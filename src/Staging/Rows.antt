-- ===== src/Staging/Rows.antt =====
-- What the copy of a rectangle's rows in src/staging.rs leaves in a slot.
use ihs_wl_server.Prelude.{
  ℕ, zero, suc, ◌+◌, ◌-◌, ◌*◌, ◌≤◌, ◌<◌, ◌≡◌, refl, ap, ◌∙◌, Bool, true, ◌&&◌, leb, ltb, ◌==◌,
  if◌then◌else◌, arith, Bool-cases, inl, inr,
}
use ihs_wl_server.Staging.Copy.{Memory, bpp, copy_slice, Buffer, copy_rows}

row_step : (m n stride : ℕ) → m < n → m * stride + stride ≤ n * stride
row_step m zero stride h = absurd (omega arith)
row_step m (suc n) stride h = elim (Bool-cases (m == n)) [
  | inl e ↦ grind arith
  | inr e ↦
      let before : m * stride + stride ≤ n * stride = row_step m n stride (ground (arith, e)) in
      grind arith
]

-- A byte of row `r` lies in a slice of row `row` only if the rows are the same.
module _ (row r ds c d0 bytes : ℕ) (in_row : c < ds) (fits : d0 + bytes ≤ ds) where
  in_slice :
      (leb (row * ds + d0) (r * ds + c) && ltb (r * ds + c) (row * ds + d0 + bytes))
      ≡ (row == r && leb d0 c && ltb c (d0 + bytes))
  in_slice = elim (Bool-cases (row == r)) [
    | inl e ↦
        let same : row * ds ≡ r * ds = ap (λ (k : ℕ). k * ds) (ground (arith, e)) in
        ground (arith, same, e)
    | inr e ↦ elim (Bool-cases (ltb r row)) [
      | inl f ↦ ground (arith, e, f, row_step r row ds (ground (arith, f)), in_row, fits)
      | inr f ↦ ground (arith, e, f, row_step row r ds (ground (arith, e, f)), in_row, fits)
    ]
  ]

-- The client's buffer and the slot have room for what they say: `h` rows of `w` pixels.
pub record HasRoom (b : Buffer) (ds w h len : ℕ) : Type 0 where
  pub wide : w * bpp ≤ ds
  pub reads : (row : ℕ) → row < h → b.offset + row * b.stride + w * bpp ≤ b.pool.len
  pub writes : (row : ℕ) → row < h → row * ds + w * bpp ≤ len

-- What a byte of the slot is once the rectangle was copied.
abbrev pub picked : Buffer → ℕ → Memory → ℕ → ℕ → Bool → ℕ
picked b ds dst r c inside =
    if inside then b.pool.byte (b.offset + r * b.stride + c) else dst.byte (r * ds + c)

module _ (b : Buffer) (ds w h : ℕ) where
  abbrev pub rows_inside : (x0 bytes row left r c : ℕ) → Bool
  rows_inside x0 bytes row left r c =
      leb row r && ltb r (row + left) && (leb (x0 * bpp) c && ltb c (x0 * bpp + bytes))

  -- One slice copied, in the row it is in.
  slice-byte :
      (x0 bytes row r c : ℕ) (dst : Memory)
      → c < ds
      → x0 * bpp + bytes ≤ ds
      → (copy_slice b.pool
            (b.offset + row * b.stride + x0 * bpp)
            dst
            (row * ds + x0 * bpp)
            bytes).byte
          (r * ds + c)
        ≡ picked b ds dst r c (row == r && (leb (x0 * bpp) c && ltb c (x0 * bpp + bytes)))
  slice-byte x0 bytes row r c dst in_row fits =
      let cond = in_slice row r ds c (x0 * bpp) bytes in_row fits in
      elim (Bool-cases (row == r && (leb (x0 * bpp) c && ltb c (x0 * bpp + bytes)))) [
        | inr e ↦ ground (arith, cond, e)
        | inl e ↦
            let same : row ≡ r = ground (arith, e) in
            let from : b.offset + row * b.stride + x0 * bpp + (r * ds + c - (row * ds + x0 * bpp))
                ≡ b.offset + r * b.stride + c =
              rw same (ground (arith, e)) in
            ground (arith, cond, e, ap b.pool.byte from)
      ]

  pub copy_rows-byte :
      (x0 bytes : ℕ) (left row : ℕ) (dst : Memory)
      → HasRoom b ds w h dst.len
      → x0 * bpp + bytes ≤ w * bpp
      → row + left ≤ h
      → let m = copy_rows b ds x0 bytes left row dst in
        (m.1 ≡ true)
        × (m.0.len ≡ dst.len)
        × ((r c : ℕ)
            → c < ds
            → m.0.byte (r * ds + c) ≡ picked b ds dst r c (rows_inside x0 bytes row left r c))
  unfolding copy_rows
  copy_rows-byte x0 bytes zero row dst room fits inside = (refl, refl, λ r c in_row. ground arith)
  copy_rows-byte x0 bytes (suc left) row dst room fits inside =
      let s = b.offset + row * b.stride + x0 * bpp in
      let d = row * ds + x0 * bpp in
      let dst' = copy_slice b.pool s dst d bytes in
      let reads = room.reads row (omega (arith, inside)) in
      let writes = room.writes row (omega (arith, inside)) in
      let rest =
        copy_rows-byte x0 bytes left (row + 1) dst'
          (record { wide = room.wide; reads = room.reads; writes = room.writes }) fits
          (omega (arith, inside)) in
      let go : (leb (s + bytes) b.pool.len && leb (d + bytes) dst.len) ≡ true =
        ground (arith, reads, writes, fits) in
      let eq : copy_rows b ds x0 bytes (suc left) row dst
          ≡ copy_rows b ds x0 bytes left (row + 1) dst' =
        ground (arith, go) in
      (
        ap (λ (m : Memory × Bool). m.1) eq ∙ rest.0,
        ap (λ (m : Memory × Bool). m.0.len) eq ∙ rest.1,
        λ r c in_row.
            ap (λ (m : Memory × Bool). m.0.byte (r * ds + c)) eq
            ∙ rest.2 r c in_row
            ∙ ground
                (arith, slice-byte x0 bytes row r c dst in_row (omega (arith, fits, room.wide))),
      )

pub copy_rows-nil :
    (b : Buffer) (ds x0 bytes row : ℕ) (dst : Memory)
    → copy_rows b ds x0 bytes 0 row dst ≡ (dst, true)
unfolding copy_rows
copy_rows-nil b ds x0 bytes row dst = refl
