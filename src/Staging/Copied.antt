-- ===== src/Staging/Copied.antt =====
-- What the copy of src/staging.rs leaves in a slot.
use mathlib.Core.Path.{subst}
use ihs_wl_server.Prelude.{
  ℕ, ◌+◌, ◌-◌, ◌*◌, ◌≤◌, ◌<◌, ◌≡◌, refl, sym, ap, ◌∙◌, min, Bool, true, false, ◌&&◌, ◌||◌, List, [],
  ◌∷◌, some, leb, ltb, arith, Bool-cases, inl, inr,
}
use ihs_wl_server.Prelude.Int.{ℤ, positive_part, ◌+ℤ◌, wrap_i32}
use ihs_wl_server.Staging.Copy.{
  Memory, Rect, bpp, Buffer, copy_rows, low, high, copy_rect, copy_rects, copy_damage,
}
use ihs_wl_server.Staging.Rows.{HasRoom, picked, rows_inside, copy_rows-byte, copy_rows-nil}

-- A rectangle by its corners: no column, no row, or the rows that are copied.
module _ (x0 x1 y0 y1 r c : ℕ) where
  abbrev between : Bool
  between = leb y0 r && ltb r y1 && (leb (x0 * bpp) c && ltb c (x1 * bpp))

  no_column : leb x1 x0 ≡ true → between ≡ false
  no_column e = ground (arith, e)

  no_row : leb y0 y1 ≡ false → between ≡ false
  no_row e = ground (arith, e)

  some_rows :
      leb x1 x0 ≡ false
      → leb y0 y1 ≡ true
      → (leb y0 r
          && ltb r (y0 + (y1 - y0))
          && (leb (x0 * bpp) c && ltb c (x0 * bpp + (x1 - x0) * bpp)))
        ≡ between
  some_rows e f = ground (arith, e, f)

column_room : (x0 x1 w : ℕ) → leb x1 x0 ≡ false → x1 ≤ w → x0 * bpp + (x1 - x0) * bpp ≤ w * bpp
column_room x0 x1 w e h = ground (arith, e)

row_room : (y0 y1 h : ℕ) → leb y0 y1 ≡ true → y1 ≤ h → y0 + (y1 - y0) ≤ h
row_room y0 y1 h e le = ground (arith, e)

leb-false : (m n : ℕ) → leb m n ≡ false → n < m
leb-false m n e = ground (arith, e)

high-le : (x size : ℤ) (w : ℕ) → high x size w ≤ w
high-le x size w = min_le_right (positive_part (wrap_i32 (x +ℤ size))) w
  where
    min_le_right : (m n : ℕ) → min m n ≤ n
    min_le_right m n = ground arith

-- Whether a byte of a row is in the rectangle, as far as that is in the buffer.
abbrev pub covers : (w h : ℕ) → Rect → (r c : ℕ) → Bool
covers w h rect r c =
    leb (low rect.y h) r
    && ltb r (high rect.y rect.h h)
    && (leb (low rect.x w * bpp) c && ltb c (high rect.x rect.w w * bpp))

abbrev pub damaged : (w h : ℕ) → List Rect → (r c : ℕ) → Bool
damaged w h [] r c = false
damaged w h (rect ∷ rects) r c = covers w h rect r c || damaged w h rects r c

module _ (b : Buffer) (ds w h : ℕ) where
  -- The byte, given which bytes are copied.
  abbrev Copies : Memory → (ℕ → ℕ → Bool) → Memory × Bool → Type 0
  Copies dst inside m =
      (m.1 ≡ true)
      × (m.0.len ≡ dst.len)
      × ((r c : ℕ) → c < ds → m.0.byte (r * ds + c) ≡ picked b ds dst r c (inside r c))

  unchanged :
      (dst : Memory) (inside : ℕ → ℕ → Bool)
      → ((r c : ℕ) → inside r c ≡ false)
      → Copies dst inside (dst, true)
  unchanged dst inside out = (refl, refl, λ r c in_row. ground (arith, out r c))

  recast :
      (dst : Memory) (inside other : ℕ → ℕ → Bool) (m : Memory × Bool)
      → ((r c : ℕ) → inside r c ≡ other r c)
      → Copies dst inside m
      → Copies dst other m
  recast dst inside other m same p =
      (p.0, p.1, λ r c in_row. p.2 r c in_row ∙ ap (picked b ds dst r c) (same r c))

  copy_rect-byte :
      (rect : Rect) (dst : Memory)
      → HasRoom b ds w h dst.len
      → Copies dst (covers w h rect) (copy_rect b ds w h rect dst)
  unfolding copy_rect
  copy_rect-byte rect dst room =
      let x0 = low rect.x w in
      let x1 = high rect.x rect.w w in
      let y0 = low rect.y h in
      let y1 = high rect.y rect.h h in
      let bytes = (x1 - x0) * bpp in
      elim (Bool-cases (leb x1 x0)) [
        | inl e ↦ rw e (unchanged dst (covers w h rect) (λ r c. no_column x0 x1 y0 y1 r c e))
        | inr e ↦ rw e (elim (Bool-cases (leb y0 y1)) [
          | inl f ↦
              recast dst (rows_inside b ds w h x0 bytes y0 (y1 - y0)) (covers w h rect)
                (copy_rows b ds x0 bytes (y1 - y0) y0 dst) (λ r c. some_rows x0 x1 y0 y1 r c e f)
                (copy_rows-byte b ds w h x0 bytes (y1 - y0) y0 dst room
                  (column_room x0 x1 w e (high-le rect.x rect.w w))
                  (row_room y0 y1 h f (high-le rect.y rect.h h)))
          | inr f ↦
              let none_left : y1 - y0 ≡ 0 = omega (arith, leb-false y0 y1 f) in
              subst (Copies dst (covers w h rect))
                (sym (
                  ap (λ n. copy_rows b ds x0 bytes n y0 dst) none_left
                  ∙ copy_rows-nil b ds x0 bytes y0 dst))
                (unchanged dst (covers w h rect) (λ r c. no_row x0 x1 y0 y1 r c f))
        ])
      ]

  copy_rects-byte :
      (rects : List Rect) (dst : Memory)
      → HasRoom b ds w h dst.len
      → let m = copy_rects b ds w h rects dst in
        (m.len ≡ dst.len)
        × ((r c : ℕ) → c < ds → m.byte (r * ds + c) ≡ picked b ds dst r c (damaged w h rects r c))
  unfolding copy_rects
  copy_rects-byte [] dst room = (refl, λ r c in_row. refl)
  copy_rects-byte (rect ∷ rects) dst room =
      let one = copy_rect-byte rect dst room in
      let dst' = (copy_rect b ds w h rect dst).0 in
      let rest = copy_rects-byte rects dst' (subst (HasRoom b ds w h) (sym one.1) room) in
      let eq : copy_rects b ds w h (rect ∷ rects) dst ≡ copy_rects b ds w h rects dst' =
        ground (arith, one.0) in
      (
        ap (λ (m : Memory). m.len) eq ∙ rest.0 ∙ one.1,
        λ r c in_row.
            ap (λ (m : Memory). m.byte (r * ds + c)) eq
            ∙ rest.1 r c in_row
            ∙ ground (arith, one.2 r c in_row),
      )

-- The slot held what the buffer shows, but for the damage since; buffer and slot have the room that they
-- say. Then the copy succeeds, and the slot holds what the buffer shows, to the byte.
pub copy_damage_fills :
    (b : Buffer) (ds w h : ℕ) (damage : List Rect) (dst : Memory)
    → HasRoom b ds w h dst.len
    → ((r c : ℕ)
        → r < h
        → c < w * bpp
        → damaged w h damage r c ≡ false
        → dst.byte (r * ds + c) ≡ b.pool.byte (b.offset + r * b.stride + c))
    → (m : Memory) × (copy_damage w h damage (some b) ds (some dst) ≡ some m)
      × (m.len ≡ dst.len)
      × ((r c : ℕ)
          → r < h
          → c < w * bpp
          → m.byte (r * ds + c) ≡ b.pool.byte (b.offset + r * b.stride + c))
unfolding copy_damage
copy_damage_fills b ds w h damage dst room same =
    let (len, bytes) = copy_rects-byte b ds w h damage dst room in
    (
      copy_rects b ds w h damage dst,
      refl,
      len,
      λ r c in_height in_width.
          bytes r c (omega (arith, in_width, room.wide))
          ∙ ground (arith, same r c in_height in_width),
    )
+---+
All lines from the beginning of the material above through the one with "row_step m zero" need to be returned exactly; please return those and only those.

→ **WRITTEN ANSWER**
filename src/Staging/Rows.antt
-- ===== src/Staging/Rows.antt =====
-- What the copy of a rectangle's rows in src/staging.rs leaves in a slot.
use ihs_wl_server.Prelude.{
  ℕ, zero, suc, ◌+◌, ◌-◌, ◌*◌, ◌≤◌, ◌<◌, ◌≡◌, refl, ap, ◌∙◌, Bool, true, ◌&&◌, leb, ltb, ◌==◌,
  if◌then◌else◌, arith, Bool-cases, inl, inr,
}
use ihs_wl_server.Staging.Copy.{Memory, bpp, copy_slice, Buffer, copy_rows}

row_step : (m n stride : ℕ) → m < n → m * stride + stride ≤ n * stride
row_step m zero stride h = absurd (omega arith)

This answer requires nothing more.